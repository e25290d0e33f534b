-- ===== src/Mcp/Dtos.antt =====
-- The values that internal/mcp/server.go makes of the store's records.
use yet_another_memory_bank.Common.{true, List, [], ◌∷◌, map, if◌then◌else◌, ◌==◌, length}
use yet_another_memory_bank.Common.Json.{
  Value, null, boolean, integer, float, string, list, dict, count,
}
use yet_another_memory_bank.Codec.{Codec}
use yet_another_memory_bank.Replay.{ReplayRecord, parsed_or_text}
use yet_another_memory_bank.Store.Rows.{AuditPayload, created, updated, deleted, superseded}
use yet_another_memory_bank.Store.Audit.{AuditEvent}
use yet_another_memory_bank.Store.Memories.{Memory}
use yet_another_memory_bank.Store.Observations.{Observation}
use yet_another_memory_bank.Store.Sessions.{Session}
use yet_another_memory_bank.Store.Reports.Patterns.{Counts}
use yet_another_memory_bank.Store.Reports.Profiles.{ProjectProfile, StatusCounts}
use yet_another_memory_bank.Store.Reports.Timeline.{TimelineItem}

unfoldable pub memory_dto : Memory → Value
memory_dto m = dict (
    ("id", count m.id)
    ∷ ("project", string m.project)
    ∷ ("text", string m.text)
    ∷ ("tier", string m.tier)
    ∷ ("source", string m.source)
    ∷ ("importance", float m.importance)
    ∷ ("session_id", string m.session_id)
    ∷ ("created_at", integer m.created_at)
    ∷ ("updated_at", integer m.updated_at)
    ∷ ("accessed_at", integer m.accessed_at)
    ∷ ("score", float m.score)
    ∷ [])

unfoldable pub session_dto : Session → Value
session_dto s = dict (
    ("id", string s.id)
    ∷ ("agent", string s.agent)
    ∷ ("external_id", string s.external_id)
    ∷ ("project", string s.project)
    ∷ ("started_at", integer s.started_at)
    ∷ ("ended_at", integer s.ended_at)
    ∷ ("summary", string s.summary)
    ∷ ("n_obs", count s.n_obs)
    ∷ [])

unfoldable pub observation_dto : Codec → Observation → Value
observation_dto c o = dict (
    ("id", count o.id)
    ∷ ("session_id", string o.session_id)
    ∷ ("cwd", string o.cwd)
    ∷ ("ts", integer o.ts)
    ∷ ("kind", string o.kind)
    ∷ ("tool", string o.tool)
    ∷ ("payload", parsed_or_text c o.payload_json)
    ∷ [])

unfoldable pub timeline_dto : Codec → TimelineItem → Value
timeline_dto c i = dict (
    ("type", string i.type)
    ∷ ("id", count i.id)
    ∷ ("project", string i.project)
    ∷ ("session_id", string i.session_id)
    ∷ ("ts", integer i.ts)
    ∷ ("kind", string i.kind)
    ∷ ("tool", string i.tool)
    ∷ ("text", string i.text)
    ∷ ("payload", (if length i.payload_json == 0 then null else parsed_or_text c i.payload_json))
    ∷ [])

-- what json.Unmarshal makes of the payload of an audit event
unfoldable pub audit_value : AuditPayload → Value
audit_value (created tier source) = dict (("tier", string tier) ∷ ("source", string source) ∷ [])
audit_value (updated text tier importance) =
    dict (("text", boolean text) ∷ ("tier", boolean tier) ∷ ("importance", boolean importance) ∷ [])
audit_value deleted = dict (("explicit", boolean true) ∷ [])
audit_value (superseded new_id) = dict (("new_id", count new_id) ∷ [])

unfoldable pub audit_dto : AuditEvent → Value
unfolding audit_value
audit_dto e = dict (
    ("id", count e.id)
    ∷ ("ts", integer e.ts)
    ∷ ("action", string e.action)
    ∷ ("memory_id", count e.memory_id)
    ∷ ("session_id", string e.session_id)
    ∷ ("project", string e.project)
    ∷ ("payload", audit_value e.payload)
    ∷ [])

unfoldable pub counts_value : Counts → Value
counts_value counts = dict (map (λ e. (e.0, count e.1)) counts)

unfoldable pub project_profile_dto : ProjectProfile → Value
unfolding counts_value
project_profile_dto p = dict (
    ("project", string p.project)
    ∷ ("memory_count", count p.memory_count)
    ∷ ("session_count", count p.session_count)
    ∷ ("observation_count", count p.observation_count)
    ∷ ("top_tiers", counts_value p.top_tiers)
    ∷ ("top_tools", counts_value p.top_tools)
    ∷ ("files_touched", counts_value p.files_touched)
    ∷ [])

unfoldable pub status_value : StatusCounts → Value
status_value s = dict (
    ("memory_count", count s.memory_count)
    ∷ ("session_count", count s.session_count)
    ∷ ("observation_count", count s.observation_count)
    ∷ [])

-- the JSON of a replay record, by its tags
unfoldable pub record_value : ReplayRecord → Value
record_value r = dict (
    ("id", string r.id)
    ∷ ("observation_id", count r.observation_id)
    ∷ ("timestamp", integer r.timestamp)
    ∷ ("actor", string r.actor)
    ∷ ("type", string r.type)
    ∷ ("tool", string r.tool)
    ∷ ("payload_preview", string r.payload_preview)
    ∷ ("payload_detail", r.payload_detail)
    ∷ [])

abbrev pub memory_dtos : List Memory → Value
memory_dtos memories = list (map memory_dto memories)

abbrev pub session_dtos : List Session → Value
session_dtos sessions = list (map session_dto sessions)

abbrev pub observation_dtos : Codec → List Observation → Value
observation_dtos c observations = list (map (observation_dto c) observations)

abbrev pub timeline_dtos : Codec → List TimelineItem → Value
timeline_dtos c items = list (map (timeline_dto c) items)

abbrev pub audit_dtos : List AuditEvent → Value
audit_dtos events = list (map audit_dto events)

Task statement
Would you please copy, word for word, everything above from the line containing "audit_value (created tier" down to the line containing "unfoldable pub counts_value : Counts → Value", those two lines included?

Answer to this exercise
audit_value (created tier source) = dict (("tier", string tier) ∷ ("source", string source) ∷ [])
audit_value (updated text tier importance) =
    dict (("text", boolean text) ∷ ("tier", boolean tier) ∷ ("importance", boolean importance) ∷ [])
audit_value deleted = dict (("explicit", boolean true) ∷ [])
audit_value (superseded new_id) = dict (("new_id", count new_id) ∷ [])

unfoldable pub audit_dto : AuditEvent → Value
unfolding audit_value
audit_dto e = dict (
    ("id", count e.id)
    ∷ ("ts", integer e.ts)
    ∷ ("action", string e.action)
    ∷ ("memory_id", count e.memory_id)
    ∷ ("session_id", string e.session_id)
    ∷ ("project", string e.project)
    ∷ ("payload", audit_value e.payload)
    ∷ [])

unfoldable pub counts_value : Counts → Value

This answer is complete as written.